24−2.原爆地蔵尊   (中区舟入幸町14番・舟入公園内)

  地蔵尊の由来
  この地蔵尊は,沢山の被爆者の方々が,この付近で亡くなられ、その冥福を祈念してこの地に建立されました。
  
 なお,この地蔵尊は,つぎの福徳があります.
    寿命長遠 長生きする
    財宝盈益 財宝が満ちて豊になる
    衆病疾除 あまねく疾病を除く.
    その他諸々の福徳[説明板].

建立の経緯
 三上早上氏(広島市西区己斐上3丁目)、1960年(昭和35年)に厚生施設「白鳩園」に建立。1980年(昭和55年)に現在地に移設。


写真は2013年10月20日撮影。
   
 1954年(昭和29年)、当時の町内会(大下金一郎会長)と幼児をもつ親たちが厚生施設「白鳩園」(保育園)を開設した.。当初は大下会長が幼児教育の任にあたっていたが、まもなく三上早上女史を園長として迎えた.。1960年に原爆死没者の慰霊と園児の無事故を願って三上園長が園児の遊び場に地蔵尊を建立した。白鳩園は1971年(昭和46年)に広島市立神崎保育園と合併して廃園となり、跡地は舟人公園として整備された。地蔵尊はそのまま残され地元の人びとの信仰もあって舟人幸町西町内会によって維持管理されてきた。白鳩園の廃園の1年前の1970年に、北隣に広島原爆養護ホーム(舟入むつみ園)が開設されるとともに入所者たちはこの地蔵尊参りを始めた。
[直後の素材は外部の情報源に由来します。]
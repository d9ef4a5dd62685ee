-- ===== src/Csv/Fields.antt =====
-- One field as `csv_field` of dbcli/src/synth/export.rs writes it and `read_csv` of tabular.rs reads it.
use hepta_dbcli.Prelude.{
  ℕ, ◌==◌, Bool, true, false, not, ◌||◌, List, [], ◌∷◌, ◌++◌, Option, some, ◌≡◌, refl, sym, ap, ◌∙◌,
  arith, Bool-cases, ==_iff, inl, inr,
}
use mathlib.Core.List.{append_assoc, append-nil}
use hepta_dbcli.Text.{Text}
use hepta_dbcli.Csv.{
  doubled, holds, wants_quotes, csv_field, Record, Scan, field_value, takes_two, on_two, on_char,
  scan,
}

-- The reader's variables, written out.
abbrev pub between : List Record → Record → Scan
between recs cur = record {
  records = recs;
  current = cur;
  field = [];
  field_is_quoted = false;
  in_quotes = false;
}

abbrev within_field : List Record → Record → Text → Bool → Bool → Scan
within_field recs cur f q i = record {
  records = recs;
  current = cur;
  field = f;
  field_is_quoted = q;
  in_quotes = i;
}

scan_one :
    (c : ℕ) (s : Text) (st : Scan)
    → ((d : ℕ) → takes_two c d st ≡ false)
    → scan (c ∷ s) st ≡ scan s (on_char c st)
unfolding scan
scan_one c [] st never = refl
scan_one c (d ∷ s) st never = rw (never d, scan) refl

scan_two :
    (c d : ℕ) (s : Text) (st : Scan)
    → takes_two c d st ≡ true
    → scan (c ∷ d ∷ s) st ≡ scan s (on_two st)
unfolding scan
scan_two c d s st e = rw (e, scan) refl

-- A character that stands for itself outside quotes.
abbrev ordinary : ℕ → Bool
ordinary c = not (c == 34 || (c == 44 || (c == 10 || c == 13)))

abbrev AllOrdinary : Text → Type 0
AllOrdinary [] = Unit
AllOrdinary (c ∷ s) = (ordinary c ≡ true) × AllOrdinary s

or_false : (a b : Bool) → not (a || b) ≡ true → (a ≡ false) × (not b ≡ true)
or_false true b h = cc
or_false false b h = (refl, h)

on_char-ordinary :
    (c : ℕ) (recs : List Record) (cur : Record) (f : Text)
    → ordinary c ≡ true
    → on_char c (within_field recs cur f false false)
      ≡ within_field recs cur (f ++ c ∷ []) false false
on_char-ordinary c recs cur f h =
    let quote = or_false (c == 34) _ h in
    let comma = or_false (c == 44) _ quote.1 in rw (quote.0, comma.0, not_true _ comma.1) refl
  where
    not_true : (b : Bool) → not b ≡ true → b ≡ false
    not_true true e = cc
    not_true false e = refl

append_step : (f t : Text) (c : ℕ) → (f ++ c ∷ []) ++ t ≡ f ++ c ∷ t
append_step f t c = append_assoc f (c ∷ []) t

scan-ordinary :
    (t r : Text) (recs : List Record) (cur : Record) (f : Text)
    → AllOrdinary t
    → scan (t ++ r) (within_field recs cur f false false)
      ≡ scan r (within_field recs cur (f ++ t) false false)
scan-ordinary [] r recs cur f h = rw append-nil refl
scan-ordinary (c ∷ t) r recs cur f h =
    scan_one c (t ++ r) (within_field recs cur f false false) (λ d. ground arith)
    ∙ ap (scan (t ++ r)) (on_char-ordinary c recs cur f h.0)
    ∙ scan-ordinary t r recs cur (f ++ c ∷ []) h.1
    ∙ ap (λ (g : Text). scan r (within_field recs cur g false false)) (append_step f t c)

on_char-in_quotes :
    (c : ℕ) (recs : List Record) (cur : Record) (f : Text)
    → (c == 34) ≡ false
    → on_char c (within_field recs cur f true true) ≡ within_field recs cur (f ++ c ∷ []) true true
on_char-in_quotes c recs cur f h = rw h refl

scan-doubled :
    (t r : Text) (recs : List Record) (cur : Record) (f : Text)
    → scan (doubled t ++ r) (within_field recs cur f true true)
      ≡ scan r (within_field recs cur (f ++ t) true true)
scan-doubled [] r recs cur f = rw append-nil refl
scan-doubled (c ∷ t) r recs cur f = elim (Bool-cases (c == 34)) [
  | inl e ↦ rw e (
      scan_two 34 34 (doubled t ++ r) (within_field recs cur f true true) refl
      ∙ scan-doubled t r recs cur (f ++ 34 ∷ [])
      ∙ ap (λ (g : Text). scan r (within_field recs cur g true true))
          (append_step f t 34 ∙ ap (λ (d : ℕ). f ++ d ∷ t) (sym ((==_iff c 34).0 e))))
  | inr e ↦ rw e (
      scan_one c (doubled t ++ r) (within_field recs cur f true true) (λ d. rw e refl)
      ∙ ap (scan (doubled t ++ r)) (on_char-in_quotes c recs cur f e)
      ∙ scan-doubled t r recs cur (f ++ c ∷ [])
      ∙ ap (λ (g : Text). scan r (within_field recs cur g true true)) (append_step f t c))
]

-- The separators.
scan-comma :
    (r : Text) (recs : List Record) (cur : Record) (f : Text) (q : Bool)
    → scan (44 ∷ r) (within_field recs cur f q false)
      ≡ scan r (between recs (cur ++ field_value f q ∷ []))
scan-comma r recs cur f q = scan_one 44 r (within_field recs cur f q false) (λ d. refl)

scan-newline :
    (r : Text) (recs : List Record) (cur : Record) (f : Text) (q : Bool)
    → scan (10 ∷ r) (within_field recs cur f q false)
      ≡ scan r (between (recs ++ (cur ++ field_value f q ∷ []) ∷ []) [])
scan-newline r recs cur f q = scan_one 10 r (within_field recs cur f q false) (λ d. refl)

-- The text, with a separator behind it, is read as the field.
pub record ReadsAs (w : Text) (o : Option Text) : Type 0 where
  pub comma :
      (r : Text) (recs : List Record) (cur : Record)
      → scan (w ++ 44 ∷ r) (between recs cur) ≡ scan r (between recs (cur ++ o ∷ []))
  pub newline :
      (r : Text) (recs : List Record) (cur : Record)
      → scan (w ++ 10 ∷ r) (between recs cur) ≡ scan r (between (recs ++ (cur ++ o ∷ []) ∷ []) [])

ordinary-ReadsAs : (t : Text) → AllOrdinary t → ReadsAs t (field_value t false)
ordinary-ReadsAs t h = record {
  comma = λ r recs cur. scan-ordinary t (44 ∷ r) recs cur [] h ∙ scan-comma r recs cur t false;
  newline = λ r recs cur. scan-ordinary t (10 ∷ r) recs cur [] h ∙ scan-newline r recs cur t false;
}

closing :
    (d : ℕ) (r : Text) (recs : List Record) (cur : Record) (f : Text)
    → (d == 34) ≡ false
    → scan (34 ∷ d ∷ r) (within_field recs cur f true true)
      ≡ scan (d ∷ r) (within_field recs cur f true false)
unfolding scan
closing d r recs cur f h = rw (h, scan) refl

scan-quoted :
    (t : Text) (d : ℕ) (r : Text) (recs : List Record) (cur : Record)
    → (d == 34) ≡ false
    → scan ((34 ∷ doubled t ++ 34 ∷ []) ++ d ∷ r) (between recs cur)
      ≡ scan (d ∷ r) (within_field recs cur t true false)
scan-quoted t d r recs cur h =
    scan_one 34 ((doubled t ++ 34 ∷ []) ++ d ∷ r) (between recs cur) (λ _. refl)
    ∙ ap (λ (s : Text). scan s (within_field recs cur [] true true))
        (append_assoc (doubled t) (34 ∷ []) (d ∷ r))
    ∙ scan-doubled t (34 ∷ d ∷ r) recs cur []
    ∙ closing d r recs cur t h

field_value-quoted : (t : Text) → field_value t true ≡ some t
field_value-quoted [] = refl
field_value-quoted (c ∷ t) = refl

quoted-ReadsAs : (t : Text) → ReadsAs (34 ∷ doubled t ++ 34 ∷ []) (some t)
quoted-ReadsAs t = rw (← field_value-quoted t) (record {
  comma = λ r recs cur. scan-quoted t 44 r recs cur refl ∙ scan-comma r recs cur t true;
  newline = λ r recs cur. scan-quoted t 10 r recs cur refl ∙ scan-newline r recs cur t true;
})

ordinary_all :
    (t : Text)
    → holds 44 t ≡ false
    → holds 34 t ≡ false
    → holds 10 t ≡ false
    → holds 13 t ≡ false
    → AllOrdinary t
ordinary_all [] a b c d = tt
ordinary_all (x ∷ t) a b c d =
    let p = none_of (x == 44) (holds 44 t) a in
    let q = none_of (x == 34) (holds 34 t) b in
    let u = none_of (x == 10) (holds 10 t) c in
    let v = none_of (x == 13) (holds 13 t) d in
    (rw (p.0, q.0, u.0, v.0) refl, ordinary_all t p.1 q.1 u.1 v.1)
  where
    none_of : (s t : Bool) → (s || t) ≡ false → (s ≡ false) × (t ≡ false)
    none_of true t h = cc
    none_of false t h = (refl, h)

-- A text that the reader gives back: where it holds a CR, it holds a comma, a quote or an LF too, so that
-- it is quoted.
abbrev pub IsReadable : Text → Type 0
IsReadable t = holds 13 t ≡ true → wants_quotes t ≡ true

three_falses : (a b c : Bool) → (a || b || c) ≡ false → (a ≡ false) × (b ≡ false) × (c ≡ false)
three_falses false false false h = (refl, refl, refl)
three_falses true b c h = cc
three_falses false true c h = cc
three_falses false false true h = cc

not_held : (d w : Bool) → (d ≡ true → w ≡ true) → w ≡ false → d ≡ false
not_held false w h e = refl
not_held true w h e = cc (h refl)

unquoted : (t : Text) → IsReadable t → wants_quotes t ≡ false → AllOrdinary t
unquoted t h e =
    let f = three_falses (holds 44 t) (holds 34 t) (holds 10 t) e in
    ordinary_all t f.0 f.1 f.2 (not_held (holds 13 t) (wants_quotes t) h e)

pub csv_field-ReadsAs : (t : Text) → IsReadable t → ReadsAs (csv_field t) (field_value t false)
unfolding csv_field
csv_field-ReadsAs [] h = ordinary-ReadsAs [] tt
csv_field-ReadsAs (c ∷ t) h = elim (Bool-cases (wants_quotes (c ∷ t))) [
  | inl e ↦ rw e (quoted-ReadsAs (c ∷ t))
  | inr e ↦ rw e (ordinary-ReadsAs (c ∷ t) (unquoted (c ∷ t) h e))
]

pub empty-ReadsAs : ReadsAs (34 ∷ 34 ∷ []) (some [])
empty-ReadsAs = quoted-ReadsAs []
ホームの玄関から片道100mほどの地蔵参りは適度の運動につながり、連日朝早くから多くの入所者が地元の人びととともに合掌を続けている。
 1980年(昭和55年)にホーム入所者・職員の拠金と労力により、お堂とその付属物ならびにコンクリート台座が完成し,、原爆地蔵尊」と名付けられた。説明板もその際立てられた。毎年10月24日に、ホームと町内会の共催で「原爆地蔵祭」がとり行われている。 なおこの地蔵尊のある付近は,被爆直後におびただしい数の犠牲者を奈毘に付したところであるという。